Following the release of The Life of Pablo, the song became a popular topic with West's fans across Twitter. The song's line "I miss the old Kanye" was the inspiration for a Stillwater Artisanal beer of the same name, which was in tribute to the line. The label of the beer was inspired by the album's artwork. After West seemingly ranted against him in October 2016, fellow rapper Jay-Z referenced "I Love Kanye" as he admitted to "miss the old Kanye". In May 2018, rapper Meek Mill paid reference to the song by posting an image to his Instagram showing a mock memorial of West that was designed by American art collective SuperPoorKids, with the image being surrounded by the words "RIP Old Kanye".

==Remixes==
On February 15, 2016, a remix of "I Love Kanye" was shared by American producer Stefan Ponce, re-imagining the song with a sample of the Dramatics' "I Dedicate My Life To You" (1973). A remix by producer Key Wane was released six days later, titled "Kanye". For the remix, a soulful backdrop is added and some of the lyrics are flipped. On February 25, 2016, a remix was released by DJ Premier, who had collaborated with West on the remix of the single "Classic (Better Than I've Ever Been)" in 2007. Of his latest remix, DJ Premier said: "I'm a street DJ and when a good acappella is naked, you put some clothes on it." The remix adds elements of piano, slow-knocking kick and snare, a bassline, and percussion. It also features scratches from DJ Premier and vocal samples of Late Registration track "Wake Up Mr. West". The same day as the release of the DJ's remix, rapper Hezekiah shared his "Pro Remix" of the song. The remix heavily features chops and combines the original with a sample of Jocelyn Brown's "Somebody Else's Guy" (1984).

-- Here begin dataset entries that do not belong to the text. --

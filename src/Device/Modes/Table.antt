-- ===== src/Device/Modes/Table.antt =====
-- The search of the mode table against the table.
use lenovo_magicbay_hud_linu.Base.{
  ◌↔◌, ℕ, ◌≡◌, ◌∙◌, refl, ap, sym, Bool, true, false, ◌&&◌, List, [], ◌∷◌, ◌==◌, ==_iff, arith, ok,
  Outcome, fail, inl, inr, ◌⊎◌, Bool-cases,
}
use lenovo_magicbay_hud_linu.Device.Modes.{VideoMode, support_mode, find_vic, get_mode_vic}

-- The mode is an entry of the table.
abbrev Listed : VideoMode → List VideoMode → Type 0
Listed m [] = ⊥
Listed m (x ∷ xs) = (m ≡ x) ⊎ Listed m xs

abbrev every : List VideoMode → (VideoMode → Bool) → Bool
every [] p = true
every (m ∷ ms) p = p m && every ms p

every-Listed :
    (ms : List VideoMode) (p : VideoMode → Bool) (m : VideoMode)
    → every ms p ≡ true
    → Listed m ms
    → p m ≡ true
every-Listed [] p m h l = absurd l
every-Listed (x ∷ xs) p m h (inl e) = rw e (ground (arith, h))
every-Listed (x ∷ xs) p m h (inr l) = every-Listed xs p m (ground (arith, h)) l

abbrev is_vic : ℕ → Outcome ℕ → Bool
is_vic vic (ok v) = v == vic
is_vic vic (fail e) = false

is_vic_sound : (vic : ℕ) (o : Outcome ℕ) → is_vic vic o ≡ true → o ≡ ok vic
is_vic_sound vic (ok v) h = ap ok ((==_iff v vic).0 h)
is_vic_sound vic (fail e) h = ground (arith, h)

each_found :
    every support_mode (λ m. is_vic m.vic (get_mode_vic m.width m.height m.refresh_rate)) ≡ true
unfolding support_mode get_mode_vic find_vic
each_found = refl

find_vic-Listed :
    (ms : List VideoMode) (width height rate vic : ℕ)
    → find_vic ms width height rate ≡ ok vic
    → Listed (record { vic = vic; refresh_rate = rate; width = width; height = height }) ms
unfolding find_vic
find_vic-Listed [] width height rate vic h = ground (arith, h)
find_vic-Listed (m ∷ ms) width height rate vic h =
    let test = width == m.width && (height == m.height && rate == m.refresh_rate) in
    elim (Bool-cases test) [
      | inl e ↦
          let p : width ≡ m.width = (==_iff _ _).0 (ground (arith, e)) in
          let q : height ≡ m.height = (==_iff _ _).0 (ground (arith, e)) in
          let r : rate ≡ m.refresh_rate = (==_iff _ _).0 (ground (arith, e)) in
          let o : ok vic ≡ ok m.vic = sym h ∙ rw (find_vic, e) in
          let v : vic ≡ m.vic = ground (arith, o) in inl (rw (p, q, r, v))
      | inr e ↦
          let o : find_vic ms width height rate ≡ find_vic (m ∷ ms) width height rate =
            rw (find_vic, e) in
          inr (find_vic-Listed ms width height rate vic (o ∙ h))
    ]

-- `ms9132_get_mode_vic` finds a VIC for a mode exactly if the table lists the mode with this VIC.
get_mode_vic_iff :
    (width height rate vic : ℕ)
    → (get_mode_vic width height rate ≡ ok vic)
      ↔ Listed
          (record { vic = vic; refresh_rate = rate; width = width; height = height })
          support_mode
unfolding get_mode_vic
get_mode_vic_iff width height rate vic = (
  find_vic-Listed support_mode width height rate vic,
  λ l. is_vic_sound vic _ (
      every-Listed support_mode (λ m. is_vic m.vic (get_mode_vic m.width m.height m.refresh_rate)) _
        each_found l),
)
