-- ===== src/Tests/Execs.antt =====
-- Commands in a running container, and the conditions of the runtime, at concrete inputs.
use cri_containerd.Base.{
  ℕ, ◌+◌, true, false, ◌≡◌, ◌≢◌, ◌↔◌, refl, none, some, [], ◌∷◌, Error, ok, fault,
}
use cri_containerd.Base.Int.{pos, to_int32, mul_int64}
use cri_containerd.Store.Status.{state}
use cri_containerd.Store.Container
use cri_containerd.Map.{lookup}
use cri_containerd.Service.{Env, Reply, value, exited, other}
use cri_containerd.Service.Stream.{wait_for}
use cri_containerd.Containers.ExecSync.{
  ExecOptions, ExecSyncResponse, exec_in_container, exec_sync, wait_exec, wait_container_exec,
}
use cri_containerd.Containers.ExecSync.Outcome.{Executed, exec_in_container-Executed}
use cri_containerd.Streaming.{code_exit, stream_exec}
use cri_containerd.Streaming.ExitCode.{exit_code_lem}
use cri_containerd.Runtime.{RuntimeCondition, runtime_ready, network_ready, serving, status}
use cri_containerd.Runtime.Conditions.{Explains, status_lem}
use cri_containerd.Tests.Toy.{toy, exit_of, service, running_status}

-- the stream delivers the exit of another process and then that of the command, with code 3
abbrev answering : Env
answering = record toy {
  receive_all = λ stream n. (
    (exited (exit_of "c1" "c1" 42) ∷ other ∷ exited (exit_of "c1" "id" 50) ∷ [], fault "closed"),
    n + 1,
  );
}

abbrev options : ExecOptions
options = record {
  cmd = "ls" ∷ [];
  stdin = none;
  stdout = 30;
  stderr = 31;
  tty = false;
  timeout = pos 0;
}

-- the options of `ExecSync` for the first two buffers of the world
abbrev sync_options : ExecOptions
sync_options = record options { stdout = 0; stderr = 1 }

ran_sync :
    (exec_in_container answering "c1" sync_options
      (record (service running_status) { world = 2 })).0
    ≡ ok 3
unfolding exec_in_container Container.get lookup state wait_container_exec wait_exec wait_for
ran_sync = refl

ran_streamed : (exec_in_container answering "c1" options (service running_status)).0 ≡ ok 3
unfolding exec_in_container Container.get lookup state wait_container_exec wait_exec wait_for
ran_streamed = refl

exec_in_container-Executed_example :
    Executed answering "c1"
      (service running_status)
      (exec_in_container answering "c1" options (service running_status))
exec_in_container-Executed_example =
    exec_in_container-Executed answering "c1" options (service running_status)

exit_code_lem_example :
    ((r : ExecSyncResponse) × ((exec_sync answering "c1"
          ("ls" ∷ [])
          (pos 0)
          (service running_status)).0
        ≡ ok r)
      × (r.exit_code ≡ to_int32 3))
    × (((stream_exec answering "c1" ("ls" ∷ []) none 30 31 false (service running_status)).0
          ≡ ok none)
        ↔ (◌≡◌ {A = ℕ} 3 0))
    × (◌≢◌ {A = ℕ} 3 0
        → (e : Error) × ((stream_exec answering "c1"
              ("ls" ∷ [])
              none
              30
              31
              false
              (service running_status)).0
            ≡ ok (some (code_exit e 3))))
unfolding mul_int64
exit_code_lem_example =
    exit_code_lem answering "c1" ("ls" ∷ []) (pos 0) none 30 31 3 false (service running_status)
      (service running_status) ran_sync ran_streamed

status_lem_example :
    (c : RuntimeCondition) × (d : RuntimeCondition) × ((status toy (service running_status)).0
      ≡ ok (c ∷ d ∷ []))
    × (c.kind ≡ runtime_ready)
    × (d.kind ≡ network_ready)
    × Explains c
    × Explains d
    × (c.status ≡ true ↔ ◌≡◌ {A = Reply ℕ} (value 1) (value serving))
    × (d.status ≡ true ↔ ◌≡◌ {A = Reply (Unit {0})} (value tt) (value tt))
status_lem_example = status_lem toy (service running_status)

A remix of the song under the title of "Old Kanye" by American production team J.U.S.T.I.C.E. League and producer 8 Bars was released on February 28, 2016. Discussing the remix, the team explained that they "wanted to take Kanye's verse and make it into a full-blown song". "Old Kanye" has a jazz instrumental and heavily features synths, while also adding cascading chords and soundbites of newscasts. The remix includes a hook that is performed by Stige, during which Auto-Tune is used on his vocals. Stige raps a second verse, which lyrically echoes the sentiment expressed by West on the original. American producer TM88 shared a remix entitled "TrapYeezy88" on March 3, 2016. Prior to the remix, TM88 had worked with West on the rapper's 2011 collaborative studio album Watch the Throne with Jay-Z. A trap remix, "TrapYeezy88" runs for two minutes and adds hi-hats as well as synths, while West's vocals are chopped up and distorted.

== Credits and personnel ==
Credits adapted from West's official website.

Recording
- Mixed at Larrabee Studios, North Hollywood, CA

Personnel
- Kanye West – songwriter, production
- Malik Yusef – songwriter
- Noah Goldstein – engineer
- Manny Marroquin – mixer
- Chris Galland – assistant mixer
- Ike Schultz – assistant mixer
- Jeff Jackson – assistant mixer

==Charts==

Chart performance for "I Love Kanye"
| Chart (2016) | Peak position |
|---|---|
| UK Singles (Official Charts) | 123 |
| UK Hip Hop/R&B (Official Charts) | 35 |
| US Bubbling Under Hot 100 (Billboard) | 14 |
| US Hot R&B/Hip-Hop Songs (Billboard) | 48 |
| US On-Demand Songs (Billboard) | 44 |

==Certifications==

Certifications for "I Love Kanye"
| Region | Certification | Certified units/sales |
| United States (RIAA) | Gold | 500,000^{‡} |
^{‡} Sales+streaming figures based on certification alone.